And it’s not that Luke can’t comprehend the conviction behind that, but — “I know it’s asking a lot,” he says, “to want you to be here — to want you still to feel the same way when I get back.”

“Not when I want that from you, too,” Poe insists, fierce. “Yeah, I don’t love that I’m going to be spending two straight months not able to touch you or turn around and talk to you whenever I’ve read something I want to share,” he says, frowning, reaching out for Luke’s hand, brushing his thumb over Luke’s fingers, “but when I say get it, I mean that. Your work — that isn’t something I love you despite. That would be such bullshit.

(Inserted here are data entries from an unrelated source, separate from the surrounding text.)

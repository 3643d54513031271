-- ===== src/Handler/Tests.antt =====
-- A process of src/emi_ifr.c that handles a message and returns data.
use emilib.Prelude.{ℕ, ◌+◌, ◌-◌, ◌^◌, ◌≡◌, refl, some, true, Bool, arith, [], ◌∷◌}
use emilib.Prelude.Int.{pos}
use emilib.Buddy
use emilib.Buddy.Get.{Free, get_emi_buf-Free}
use emilib.Message.{EmiMsg}
use emilib.Shbuf.{
  Shm, emi_order_num, addr_buf_offset, size_to_order, init_emi_buf, alloc_emi_buf, emi_alloc,
}
use emilib.Shbuf.Alloc.{Granted, emi_alloc-Granted}
use emilib.Shared.{zeroed}
use emilib.Shared.Sample.{shm, shm-IsHeap, shm-IsMapped, shm-Owned, first_half, bound}
use emilib.Ring.{init_list_head}
use emilib.Ring.Laws.{IsRing, init_list_head-IsRing}
use emilib.Handler.{Reply, Functions, emi_load_retdata, add_func, func_sterotype_thread}
use emilib.Handler.Retdata.{HasBlocks, Loaded, emi_load_retdata-Loaded, emi_load_retdata_cut}
use emilib.Handler.Find.{lookup, outcome, Counted, add_func-find, func_sterotype_thread_lem}

abbrev blocking : Reply
blocking = record {
  shm = shm;
  m = record zeroed { flag = 256 };
  blocks = record { next_offset = λ d. 7; size = λ d. 7 };
  mem = λ c. 0;
}

blocking-HasBlocks : HasBlocks blocking first_half.1 []
blocking-HasBlocks = record {
  linked = refl;
  small = λ d m. cc;
  held = λ d m. absurd (ground arith);
  order = 9;
  block = first_half.0;
  owned = shm-Owned;
}

emi_load_retdata-Loaded_example :
    (ok : Bool) × (u : Reply) × (emi_load_retdata blocking first_half.1 (7 ∷ 8 ∷ []) ≡ some (ok, u))
    × Loaded blocking first_half.1 [] (7 ∷ 8 ∷ []) ok u
emi_load_retdata-Loaded_example =
    emi_load_retdata-Loaded blocking first_half.1 [] (7 ∷ 8 ∷ []) blocking-HasBlocks shm-IsHeap
      shm-IsMapped (omega (arith, bound)) refl (omega arith) (omega arith) (omega arith)

-- a message whose former block lies 16 bytes before it
abbrev before : Reply
before = record blocking { m = record (blocking.m) { retdata_offset = 2 ^ 64 - 16 } }

small-order : size_to_order (pos (18 + addr_buf_offset)) ≡ 0
unfolding size_to_order
small-order = refl

small-Free : (b : ℕ) × Free shm.vector emi_order_num 0 b
unfolding init_emi_buf Buddy.init_emi_buf emi_alloc alloc_emi_buf size_to_order Buddy.alloc_block
    Buddy.get_emi_buf Buddy.update_buf_order Buddy.sibling Buddy.update_loop Buddy.get_loop
    Buddy.next_child Buddy.new_order
small-Free =
    let (b, _, f) =
      get_emi_buf-Free shm.vector emi_order_num 0 (omega arith) shm-IsHeap.exact refl in
    (b, f)

small :
    (b x : ℕ) × (t : Shm) × (emi_alloc shm 18 ≡ some (some x, t))
    × Granted shm 18 (size_to_order (pos (18 + addr_buf_offset))) b x t
small =
    emi_alloc-Granted shm 18 small-Free.0 shm-IsHeap (omega arith) (omega arith)
      (omega (arith, small-order)) (rw small-order (small-Free.1))

emi_load_retdata_cut_example :
    (u : Reply) × (emi_load_retdata before first_half.1 (7 ∷ 8 ∷ []) ≡ some (true, u))
    × (¬ (u.blocks.next_offset u.m.retdata_offset ≡ 2 ^ 64 - 16))
emi_load_retdata_cut_example =
    emi_load_retdata_cut before first_half.1 small.1 small.2 (7 ∷ 8 ∷ []) (omega arith) refl small.3
      (omega arith)

abbrev none_yet : Functions
none_yet = record {
  rings = init_list_head (record { nexts = λ a. 9; prevs = λ a. 9 }) 0;
  msg = λ a. 1;
  func = λ a. 1;
}

add_func-IsRing : IsRing (add_func none_yet 0 5 3 40).rings 0 (5 ∷ [])
add_func-IsRing =
    (add_func-find 9 none_yet 0 5 3 40 []
      (init_list_head-IsRing (record { nexts = λ a. 9; prevs = λ a. 9 }) 0) (omega arith) refl
      (omega arith)).0

abbrev three : EmiMsg
three = record zeroed { flag = 256; msg = 3; count = 2 }

func_sterotype_thread_lem_example :
    let fs = add_func none_yet 0 5 3 40 in
    let r = outcome (λ f m. (1, m)) (lookup fs 3 (5 ∷ [])) three in
    (v : EmiMsg) × (func_sterotype_thread 9 fs 0 (λ f m. (1, m)) three ≡ some v) × Counted r.0 r.1 v
unfolding add_func
func_sterotype_thread_lem_example =
    func_sterotype_thread_lem 9 (add_func none_yet 0 5 3 40) 0 (5 ∷ []) (λ f m. (1, m)) three
      add_func-IsRing (omega arith)
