-- ===== src/Hash/Empty.antt =====
-- `hash_empty` of include/emi_hash.h: whether a message is registered at all.
use emilib.Prelude.{
  ℕ, zero, suc, ◌+◌, ◌≤◌, ◌<◌, ◌≡◌, refl, arith, inl, inr, Bool, true, false, List, [], ◌∷◌,
  if◌then◌else◌, eq-cases, Bool-cases,
}
use emilib.Hlist.{first, Hlists, hlist_empty}
use mathlib.Core.Path.{subst}
use emilib.Hlist.Chain.{Chain}
use emilib.Hash.{MsgTable, emi_msg_table_size}
use emilib.Hash.Table.{Entries, IsTable}

-- the loop of `__hash_empty` from bucket `i` on, by the rounds that are left
unfoldable pub hash_empty_loop : ℕ → ℕ → Hlists → Bool
hash_empty_loop zero i h = true
hash_empty_loop (suc n) i h =
    let rest = hash_empty_loop n (i + 1) h in if hlist_empty h i then rest else false

unfoldable pub hash_empty : Hlists → Bool
unfolding hash_empty_loop
hash_empty h = hash_empty_loop emi_msg_table_size 0 h

hash_empty_loop_sound :
    (n i : ℕ) (h : Hlists) (b : ℕ)
    → hash_empty_loop n i h ≡ true
    → i ≤ b
    → b < i + n
    → hlist_empty h b ≡ true
unfolding hash_empty_loop
hash_empty_loop_sound zero i h b e l u = absurd (omega arith)
hash_empty_loop_sound (suc n) i h b e l u = elim (Bool-cases (hlist_empty h i)) [
  | inl q ↦ elim (eq-cases i b) [
    | inl same ↦ ground arith
    | inr ne ↦ hash_empty_loop_sound n (i + 1) h b (rw q at e) (omega arith) (omega arith)
  ]
  | inr q ↦ absurd (let w : false ≡ true = rw q at e in cc)
]

hash_empty_loop_complete :
    (n i : ℕ) (h : Hlists)
    → ((b : ℕ) → i ≤ b → b < i + n → hlist_empty h b ≡ true)
    → hash_empty_loop n i h ≡ true
unfolding hash_empty_loop
hash_empty_loop_complete zero i h k = refl
hash_empty_loop_complete (suc n) i h k =
    rw (k i (omega arith) (omega arith))
      (hash_empty_loop_complete n (i + 1) h (λ b l u. k b (omega arith) (omega arith)))

no_entries :
    (t : Hlists) (b : ℕ) (xs : List ℕ) → Chain t (first b) xs → hlist_empty t b ≡ true → xs ≡ []
unfolding hlist_empty
no_entries t b [] c e = refl
no_entries t b (x ∷ xs) (f, back, out, c) e = absurd (ground arith)

-- the table is empty if and only if no bucket has an entry
pub hash_empty_iff :
    (t : MsgTable) (f : Entries)
    → IsTable t f
    → (hash_empty t.lists ≡ true → (b : ℕ) → b < emi_msg_table_size → f b ≡ [])
      × (((b : ℕ) → b < emi_msg_table_size → f b ≡ []) → hash_empty t.lists ≡ true)
unfolding hash_empty hlist_empty
hash_empty_iff t f is = (
  λ e b h.
      no_entries t.lists b (f b) (is.chains b h)
        (hash_empty_loop_sound emi_msg_table_size 0 t.lists b e (omega arith) (omega arith)),
  λ k. hash_empty_loop_complete emi_msg_table_size 0 t.lists (λ b l u.
      let c : Chain t.lists (first b) [] =
        subst (Chain t.lists (first b)) (k b (omega arith)) (is.chains b (omega arith)) in
      ground arith),
)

Especially when I genuinely enjoy spending my free time sequestered in archives, reading dead people’s diaries.”

Luke smiles a little, glancing down.

Poe tips his head to regard Luke, eyes softer now, fond. “Look, I get needing to leave. It’s what I do, too. I’m just saying, I’ll be here when you get back, and I’m going to be really, really happy to see you.”

“I’m going to be really happy to see you, too,” Luke says, because it’s true and he means it, sincerely, entirely.

Poe leans in, so much he almost overbalances. Luke puts his hand at Poe’s waist to steady him and Poe kisses him again at that, gentle and sweet and warm, so Luke can only melt into it. “I know. I love you, too. Now stop worrying,” Poe says, when he finally pulls away. “Because this — you, me, your tree, the sunshine? We’re making a good memory here.” Then he settles back down to rest his head on Luke’s thigh again. He shifts around a bit, tugs Luke’s right arm over so it’s draped across his chest, and then lets his eyes fall shut like he could fall asleep here, shaded by Luke’s tree.

“Comfortable?” Luke asks, his whole chest suffused with affection despite everything else.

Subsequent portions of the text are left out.